Поэтому, когда мама повезла Ингве в аэропорт, я с ними не поехал, а вместо этого сел на велосипед и покатил к Яну Видару, а оттуда мы вместе отправились на отмель, где с час купались. Мы заходили возле порога, плыли вниз, над ровной и скользкой от водорослей скалой, и дальше, по течению, сопротивляться которому было невозможно и оставалось лишь медленно подгребать к берегу.
Потом мы легли на валуны обсыхать, вытянувшись в струнку и поставив рядом кроссовки. Поверх своих кроссовок Ян Видар положил очки.
В тот день там были Мерете и Гюнн. Обе в бикини, они расположились на скале прямо посреди стремнины. Их присутствие будоражило нас, возбуждало, хотя мы и лежали неподвижно. Это казалось противоестественно. По крайней мере, мне.
Мерете была в красном бикини.
Она была на два года младше нас, закончила восьмой класс и только перешла в девятый, но какое это имело значение?
У нас с ней ничего и быть не могло, но поди объясни это телу?

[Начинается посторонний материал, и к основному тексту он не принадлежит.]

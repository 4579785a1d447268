-- ===== src/Api/Still.antt =====
-- Actions that leave the metrics and the diagnostics alone, by a rule for each way to build one.
use sdb_controller.Prelude.{◌≡◌, refl, ◌∙◌, Bool, true, false, Option, none, some, if◌then◌else◌}
use sdb_controller.Error.{Error}
use sdb_controller.Api.Calls.{Call}
use sdb_controller.Api.Effects.{
  Kube, Try, ok, err, done, failed, panic, World, Outcome, M, pure, raise, settled, unwrap, attempt,
  send, lift, on_try, on_option, caught, continue, ◌>>=◌,
}

module _ ⦃K : Kube⦄ where
  abbrev pub SameCounts : World K.State → World K.State → Type 0
  SameCounts w w' = (w'.metrics ≡ w.metrics) × (w'.last_event ≡ w.last_event)

  pub record IsStill {A : Type 0} (m : M A) : Type 0 where
    pub at : (w : World K.State) → SameCounts w (m w).1

  module _ {A : Type 0} where
    pub IsStill-pure : (a : A) → IsStill (pure a)
    unfolding pure
    IsStill-pure a = record { at = λ w. (refl, refl) }

    pub IsStill-raise : (e : Error) → IsStill (raise {A = A} e)
    unfolding raise
    IsStill-raise e = record { at = λ w. (refl, refl) }

    pub IsStill-settled : (o : Outcome A) → IsStill (settled o)
    unfolding settled
    IsStill-settled o = record { at = λ w. (refl, refl) }

    pub IsStill-unwrap : (o : Option A) → IsStill (unwrap o)
    unfolding unwrap
    IsStill-unwrap none = record { at = λ w. (refl, refl) }
    IsStill-unwrap (some a) = record { at = λ w. (refl, refl) }

    pub IsStill-lift : {E : Type 0} (f : E → Error) (r : Try E A) → IsStill (lift f r)
    unfolding lift
    IsStill-lift f (ok a) = record { at = λ w. (refl, refl) }
    IsStill-lift f (err e) = record { at = λ w. (refl, refl) }

    pub IsStill-attempt : (m : M A) → IsStill m → IsStill (attempt m)
    unfolding attempt
    IsStill-attempt m h = record { at = λ w. still w (m w) (h.at w) }
      where
        still :
            (w : World K.State) (x : Outcome A × World K.State)
            → SameCounts w x.1
            → SameCounts w (caught x.0 x.1).1
        still w (done a, w') g = g
        still w (failed e, w') g = g
        still w (panic, w') g = g

    pub IsStill-if : (b : Bool) (m n : M A) → IsStill m → IsStill n → IsStill (if b then m else n)
    IsStill-if true m n h g = h
    IsStill-if false m n h g = g

  module _ {A B : Type 0} where
    pub IsStill-bind :
        (m : M A) (f : A → M B) → IsStill m → ((a : A) → IsStill (f a)) → IsStill (m >>= f)
    unfolding ◌>>=◌
    IsStill-bind m f h g = record { at = λ w. next w (m w) (h.at w) }
      where
        next :
            (w : World K.State) (x : Outcome A × World K.State)
            → SameCounts w x.1
            → SameCounts w (continue x.0 f x.1).1
        next w (done a, w') k = let (e, l) = (g a).at w' in (e ∙ k.0, l ∙ k.1)
        next w (failed e, w') k = k
        next w (panic, w') k = k

    pub IsStill-on_option :
        (o : Option A) (m : M B) (f : A → M B)
        → IsStill m
        → ((a : A) → IsStill (f a))
        → IsStill (on_option o m f)
    unfolding on_option
    IsStill-on_option none m f h g = h
    IsStill-on_option (some a) m f h g = g a

  pub IsStill-on_try :
      {A B E : Type 0} (r : Try E A) (f : E → M B) (g : A → M B)
      → ((e : E) → IsStill (f e))
      → ((a : A) → IsStill (g a))
      → IsStill (on_try r f g)
  unfolding on_try
  IsStill-on_try (ok a) f g h k = k a
  IsStill-on_try (err e) f g h k = h e

  pub IsStill-send : (call : Call) → IsStill (send call)
  unfolding send
  IsStill-send call = record { at = λ w. (refl, refl) }

pub ruleset still_rules = (
  IsStill-pure, IsStill-raise, IsStill-settled, IsStill-unwrap, IsStill-lift, IsStill-attempt,
  IsStill-if, IsStill-bind, IsStill-on_option, IsStill-on_try, IsStill-send,
)
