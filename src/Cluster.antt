-- ===== src/Cluster.antt =====
-- src/cluster/crd.rs: the controller of `Cluster` resources.
pub mod Objects
pub mod Actions
pub mod Bootstrap
pub mod Reconcile
pub mod Cleanup
pub mod Transitions
pub mod Requests
pub mod Grounds
pub mod Order
pub mod Workload
pub mod Deletes
pub mod History
pub mod Progress
pub mod Convergence
pub mod Bounds
pub mod Control
pub mod Calm
pub mod Still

Ох, как же досадно было смотреть и глазеть на нее. Смотреть на ноги, распластанные на скале и оттого казавшиеся более полными. И, конечно, на грудь.
Когда мы поднялись, то надеялись, что они посмотрят на нас и, возможно, подумают то же самое, что и мы. Но они выглядели такими равнодушными, такими бывалыми, что даже мы, Ян Видар и Карл Уве собственной персоной, до них недотягивали.